= WHAT YOU NEED TO DO =
From the first line of the data through the line containing "insert_stable x [] = x ∷ []", return each line exactly.

Collected data
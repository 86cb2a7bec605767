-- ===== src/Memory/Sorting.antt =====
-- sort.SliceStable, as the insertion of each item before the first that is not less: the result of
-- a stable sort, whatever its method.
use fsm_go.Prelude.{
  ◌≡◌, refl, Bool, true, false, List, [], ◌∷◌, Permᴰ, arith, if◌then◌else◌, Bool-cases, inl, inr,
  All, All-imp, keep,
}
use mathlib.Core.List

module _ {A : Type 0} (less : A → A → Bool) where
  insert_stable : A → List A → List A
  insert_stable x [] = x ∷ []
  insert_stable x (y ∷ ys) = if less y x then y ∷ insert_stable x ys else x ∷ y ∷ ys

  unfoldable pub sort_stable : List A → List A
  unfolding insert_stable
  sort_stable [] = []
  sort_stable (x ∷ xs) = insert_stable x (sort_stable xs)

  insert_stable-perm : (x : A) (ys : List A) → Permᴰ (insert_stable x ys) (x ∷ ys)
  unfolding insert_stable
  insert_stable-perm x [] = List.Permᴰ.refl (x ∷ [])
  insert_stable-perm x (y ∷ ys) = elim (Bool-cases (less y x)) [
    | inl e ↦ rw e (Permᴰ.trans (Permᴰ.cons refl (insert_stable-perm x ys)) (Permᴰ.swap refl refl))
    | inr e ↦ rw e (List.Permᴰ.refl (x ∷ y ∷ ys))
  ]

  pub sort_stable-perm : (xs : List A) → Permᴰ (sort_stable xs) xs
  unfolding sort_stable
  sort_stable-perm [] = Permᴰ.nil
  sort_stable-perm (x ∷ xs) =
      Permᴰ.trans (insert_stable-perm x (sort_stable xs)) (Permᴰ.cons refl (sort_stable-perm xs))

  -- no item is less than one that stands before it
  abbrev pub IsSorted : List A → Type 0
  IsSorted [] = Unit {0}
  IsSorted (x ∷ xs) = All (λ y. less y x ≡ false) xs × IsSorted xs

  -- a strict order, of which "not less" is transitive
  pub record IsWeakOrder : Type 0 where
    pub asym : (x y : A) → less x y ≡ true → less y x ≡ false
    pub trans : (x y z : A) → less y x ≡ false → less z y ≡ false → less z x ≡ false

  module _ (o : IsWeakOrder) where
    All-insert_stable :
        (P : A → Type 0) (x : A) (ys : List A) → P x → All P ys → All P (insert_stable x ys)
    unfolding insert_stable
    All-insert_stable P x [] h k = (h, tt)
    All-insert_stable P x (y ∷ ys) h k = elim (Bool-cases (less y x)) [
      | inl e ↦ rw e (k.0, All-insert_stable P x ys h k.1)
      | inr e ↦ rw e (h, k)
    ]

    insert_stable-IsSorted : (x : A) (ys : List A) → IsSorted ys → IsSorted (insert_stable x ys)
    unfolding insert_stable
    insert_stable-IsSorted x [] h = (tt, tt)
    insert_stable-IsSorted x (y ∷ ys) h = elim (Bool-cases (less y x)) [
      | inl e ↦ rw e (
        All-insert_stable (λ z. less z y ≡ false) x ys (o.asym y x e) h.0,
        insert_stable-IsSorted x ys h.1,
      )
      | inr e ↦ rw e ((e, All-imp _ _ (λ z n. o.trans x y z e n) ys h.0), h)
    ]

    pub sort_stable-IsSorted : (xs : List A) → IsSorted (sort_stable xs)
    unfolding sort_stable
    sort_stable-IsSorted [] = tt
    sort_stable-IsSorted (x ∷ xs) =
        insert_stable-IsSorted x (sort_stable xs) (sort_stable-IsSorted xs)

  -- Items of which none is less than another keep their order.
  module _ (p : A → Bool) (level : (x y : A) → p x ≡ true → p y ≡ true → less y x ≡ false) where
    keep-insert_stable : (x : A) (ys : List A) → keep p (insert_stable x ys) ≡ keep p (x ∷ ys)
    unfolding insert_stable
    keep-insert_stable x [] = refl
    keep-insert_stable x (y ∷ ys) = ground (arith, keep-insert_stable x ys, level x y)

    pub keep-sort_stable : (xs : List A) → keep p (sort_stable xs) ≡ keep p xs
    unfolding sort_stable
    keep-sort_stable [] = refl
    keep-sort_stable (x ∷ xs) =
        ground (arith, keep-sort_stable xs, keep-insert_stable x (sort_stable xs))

= OUTPUT FOR THIS EXERCISE =
repository 86cb2a7bec605767
-- ===== src/Memory/Sorting.antt =====
-- sort.SliceStable, as the insertion of each item before the first that is not less: the result of
-- a stable sort, whatever its method.
use fsm_go.Prelude.{
  ◌≡◌, refl, Bool, true, false, List, [], ◌∷◌, Permᴰ, arith, if◌then◌else◌, Bool-cases, inl, inr,
  All, All-imp, keep,
}
use mathlib.Core.List

module _ {A : Type 0} (less : A → A → Bool) where
  insert_stable : A → List A → List A
  insert_stable x [] = x ∷ []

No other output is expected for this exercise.